About this task – Among these entries, count the lines containing the word "IsStore" and answer with only the number.

Working data –

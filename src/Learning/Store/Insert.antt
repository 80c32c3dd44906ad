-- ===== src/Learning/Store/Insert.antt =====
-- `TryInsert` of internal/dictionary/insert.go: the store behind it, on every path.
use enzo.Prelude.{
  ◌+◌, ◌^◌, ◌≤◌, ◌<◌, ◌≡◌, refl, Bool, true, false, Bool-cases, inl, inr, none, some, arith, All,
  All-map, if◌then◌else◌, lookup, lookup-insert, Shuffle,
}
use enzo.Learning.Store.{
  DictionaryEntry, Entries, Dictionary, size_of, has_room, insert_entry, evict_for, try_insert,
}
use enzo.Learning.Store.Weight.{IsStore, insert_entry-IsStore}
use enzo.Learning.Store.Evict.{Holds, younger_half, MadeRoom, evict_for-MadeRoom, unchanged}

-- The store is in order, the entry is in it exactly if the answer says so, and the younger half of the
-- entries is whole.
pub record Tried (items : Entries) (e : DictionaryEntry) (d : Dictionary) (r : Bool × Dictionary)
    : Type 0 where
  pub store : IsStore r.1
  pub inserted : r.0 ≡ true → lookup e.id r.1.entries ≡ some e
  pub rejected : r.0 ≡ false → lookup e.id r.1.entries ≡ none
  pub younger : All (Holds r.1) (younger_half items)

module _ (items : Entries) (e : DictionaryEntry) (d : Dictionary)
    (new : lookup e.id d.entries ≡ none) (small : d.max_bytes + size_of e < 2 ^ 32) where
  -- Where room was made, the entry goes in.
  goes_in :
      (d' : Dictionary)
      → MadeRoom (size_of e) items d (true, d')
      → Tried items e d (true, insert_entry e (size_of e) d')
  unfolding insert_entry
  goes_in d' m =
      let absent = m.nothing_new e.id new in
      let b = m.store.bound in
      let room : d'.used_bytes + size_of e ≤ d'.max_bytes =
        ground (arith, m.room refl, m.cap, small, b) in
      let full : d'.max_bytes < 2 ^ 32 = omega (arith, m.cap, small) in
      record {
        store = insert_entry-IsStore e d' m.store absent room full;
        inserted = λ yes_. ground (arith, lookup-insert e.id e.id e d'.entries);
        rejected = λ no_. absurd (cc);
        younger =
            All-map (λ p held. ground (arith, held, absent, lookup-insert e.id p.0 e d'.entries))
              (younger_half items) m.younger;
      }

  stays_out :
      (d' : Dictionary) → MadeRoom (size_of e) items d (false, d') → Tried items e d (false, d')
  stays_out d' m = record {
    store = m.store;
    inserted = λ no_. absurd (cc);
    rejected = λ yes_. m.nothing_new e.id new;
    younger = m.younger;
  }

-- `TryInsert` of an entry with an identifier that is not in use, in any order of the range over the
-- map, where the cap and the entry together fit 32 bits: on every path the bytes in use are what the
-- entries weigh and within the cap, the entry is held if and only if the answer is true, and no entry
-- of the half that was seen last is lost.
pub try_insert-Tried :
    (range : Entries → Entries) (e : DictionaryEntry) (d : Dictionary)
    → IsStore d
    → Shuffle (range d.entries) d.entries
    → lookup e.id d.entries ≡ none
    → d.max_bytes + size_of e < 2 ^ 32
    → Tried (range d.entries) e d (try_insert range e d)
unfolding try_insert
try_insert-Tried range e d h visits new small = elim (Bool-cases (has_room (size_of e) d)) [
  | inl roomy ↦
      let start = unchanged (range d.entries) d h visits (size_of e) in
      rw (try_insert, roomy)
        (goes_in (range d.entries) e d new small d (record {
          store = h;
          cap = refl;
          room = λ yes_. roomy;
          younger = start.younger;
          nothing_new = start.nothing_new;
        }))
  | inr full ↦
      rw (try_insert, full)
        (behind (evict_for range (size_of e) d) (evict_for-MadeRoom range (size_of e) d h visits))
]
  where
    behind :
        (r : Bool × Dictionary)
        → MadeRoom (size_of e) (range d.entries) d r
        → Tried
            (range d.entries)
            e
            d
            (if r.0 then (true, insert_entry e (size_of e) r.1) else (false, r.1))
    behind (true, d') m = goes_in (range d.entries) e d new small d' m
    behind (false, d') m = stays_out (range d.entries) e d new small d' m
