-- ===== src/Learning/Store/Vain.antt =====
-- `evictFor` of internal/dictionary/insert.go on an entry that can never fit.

Finished exercise – 4